• _INFORMATION SHOWN_
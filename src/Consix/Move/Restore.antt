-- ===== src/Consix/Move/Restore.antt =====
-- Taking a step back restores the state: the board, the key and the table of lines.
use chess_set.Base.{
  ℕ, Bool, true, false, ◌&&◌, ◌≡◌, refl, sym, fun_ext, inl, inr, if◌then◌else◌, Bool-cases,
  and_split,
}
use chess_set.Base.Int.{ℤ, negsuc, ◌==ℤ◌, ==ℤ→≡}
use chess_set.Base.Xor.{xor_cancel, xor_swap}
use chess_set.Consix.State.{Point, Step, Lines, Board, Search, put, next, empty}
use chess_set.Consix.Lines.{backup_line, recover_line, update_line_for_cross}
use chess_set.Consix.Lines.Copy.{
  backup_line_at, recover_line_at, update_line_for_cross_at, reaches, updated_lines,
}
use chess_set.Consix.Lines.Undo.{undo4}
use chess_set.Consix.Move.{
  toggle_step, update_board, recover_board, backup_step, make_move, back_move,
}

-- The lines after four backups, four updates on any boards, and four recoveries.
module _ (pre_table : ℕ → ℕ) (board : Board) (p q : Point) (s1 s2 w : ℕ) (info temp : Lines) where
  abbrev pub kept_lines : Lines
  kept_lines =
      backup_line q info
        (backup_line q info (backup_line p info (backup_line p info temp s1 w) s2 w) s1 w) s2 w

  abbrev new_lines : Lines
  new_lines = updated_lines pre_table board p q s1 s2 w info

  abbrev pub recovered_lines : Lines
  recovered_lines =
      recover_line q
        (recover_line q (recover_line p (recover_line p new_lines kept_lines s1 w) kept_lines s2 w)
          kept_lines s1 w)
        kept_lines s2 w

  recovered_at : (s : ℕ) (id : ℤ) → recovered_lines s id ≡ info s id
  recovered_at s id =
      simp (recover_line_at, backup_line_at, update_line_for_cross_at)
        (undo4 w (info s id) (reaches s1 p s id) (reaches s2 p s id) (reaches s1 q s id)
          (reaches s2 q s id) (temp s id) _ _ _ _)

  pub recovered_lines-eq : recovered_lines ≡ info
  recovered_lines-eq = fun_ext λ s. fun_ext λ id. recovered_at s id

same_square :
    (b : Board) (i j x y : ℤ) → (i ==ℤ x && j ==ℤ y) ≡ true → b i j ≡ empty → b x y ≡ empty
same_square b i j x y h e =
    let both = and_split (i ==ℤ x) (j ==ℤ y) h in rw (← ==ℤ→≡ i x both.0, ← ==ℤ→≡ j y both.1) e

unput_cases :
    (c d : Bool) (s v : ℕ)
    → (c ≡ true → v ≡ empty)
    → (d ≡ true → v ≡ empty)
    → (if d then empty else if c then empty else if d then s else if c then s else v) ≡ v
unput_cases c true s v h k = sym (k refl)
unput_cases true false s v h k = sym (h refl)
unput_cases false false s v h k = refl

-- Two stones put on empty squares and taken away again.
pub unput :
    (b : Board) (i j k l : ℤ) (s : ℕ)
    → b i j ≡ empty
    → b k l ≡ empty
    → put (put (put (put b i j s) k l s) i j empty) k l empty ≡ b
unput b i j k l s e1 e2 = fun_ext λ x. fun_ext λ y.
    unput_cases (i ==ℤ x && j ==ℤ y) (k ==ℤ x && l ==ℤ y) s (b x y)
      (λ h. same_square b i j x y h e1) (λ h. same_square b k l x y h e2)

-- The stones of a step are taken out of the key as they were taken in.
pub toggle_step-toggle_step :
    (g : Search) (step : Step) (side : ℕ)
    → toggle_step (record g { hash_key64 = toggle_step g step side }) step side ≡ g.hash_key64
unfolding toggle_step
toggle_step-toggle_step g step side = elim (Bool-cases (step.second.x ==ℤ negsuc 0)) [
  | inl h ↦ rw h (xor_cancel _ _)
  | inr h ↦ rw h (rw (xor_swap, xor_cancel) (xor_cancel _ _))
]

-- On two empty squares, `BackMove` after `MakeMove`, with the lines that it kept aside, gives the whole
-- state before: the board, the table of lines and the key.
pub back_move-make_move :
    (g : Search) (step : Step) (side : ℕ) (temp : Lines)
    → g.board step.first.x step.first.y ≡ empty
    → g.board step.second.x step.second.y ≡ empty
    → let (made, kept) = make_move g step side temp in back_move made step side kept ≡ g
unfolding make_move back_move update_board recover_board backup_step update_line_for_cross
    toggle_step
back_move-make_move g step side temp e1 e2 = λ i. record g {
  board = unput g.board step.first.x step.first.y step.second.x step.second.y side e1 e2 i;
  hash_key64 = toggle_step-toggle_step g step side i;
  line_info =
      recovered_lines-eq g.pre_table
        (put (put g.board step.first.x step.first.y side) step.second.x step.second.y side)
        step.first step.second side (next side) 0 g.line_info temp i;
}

• _EXERCISE AIM_
Write out only the final block of lines, starting at the line with "unput b i j" and running to the end of the material.

• _TASK ANSWER_
unput b i j k l s e1 e2 = fun_ext λ x. fun_ext λ y.
    unput_cases (i ==ℤ x && j ==ℤ y) (k ==ℤ x && l ==ℤ y) s (b x y)
      (λ h. same_square b i j x y h e1) (λ h. same_square b k l x y h e2)

-- The stones of a step are taken out of the key as they were taken in.
pub toggle_step-toggle_step :
    (g : Search) (step : Step) (side : ℕ)
    → toggle_step (record g { hash_key64 = toggle_step g step side }) step side ≡ g.hash_key64
unfolding toggle_step
toggle_step-toggle_step g step side = elim (Bool-cases (step.second.x ==ℤ negsuc 0)) [
  | inl h ↦ rw h (xor_cancel _ _)
  | inr h ↦ rw h (rw (xor_swap, xor_cancel) (xor_cancel _ _))
]

-- On two empty squares, `BackMove` after `MakeMove`, with the lines that it kept aside, gives the whole
-- state before: the board, the table of lines and the key.
pub back_move-make_move :
    (g : Search) (step : Step) (side : ℕ) (temp : Lines)
    → g.board step.first.x step.first.y ≡ empty
    → g.board step.second.x step.second.y ≡ empty
    → let (made, kept) = make_move g step side temp in back_move made step side kept ≡ g
unfolding make_move back_move update_board recover_board backup_step update_line_for_cross
    toggle_step
back_move-make_move g step side temp e1 e2 = λ i. record g {
  board = unput g.board step.first.x step.first.y step.second.x step.second.y side e1 e2 i;
  hash_key64 = toggle_step-toggle_step g step side i;
  line_info =
      recovered_lines-eq g.pre_table
        (put (put g.board step.first.x step.first.y side) step.second.x step.second.y side)
        step.first step.second side (next side) 0 g.line_info temp i;
}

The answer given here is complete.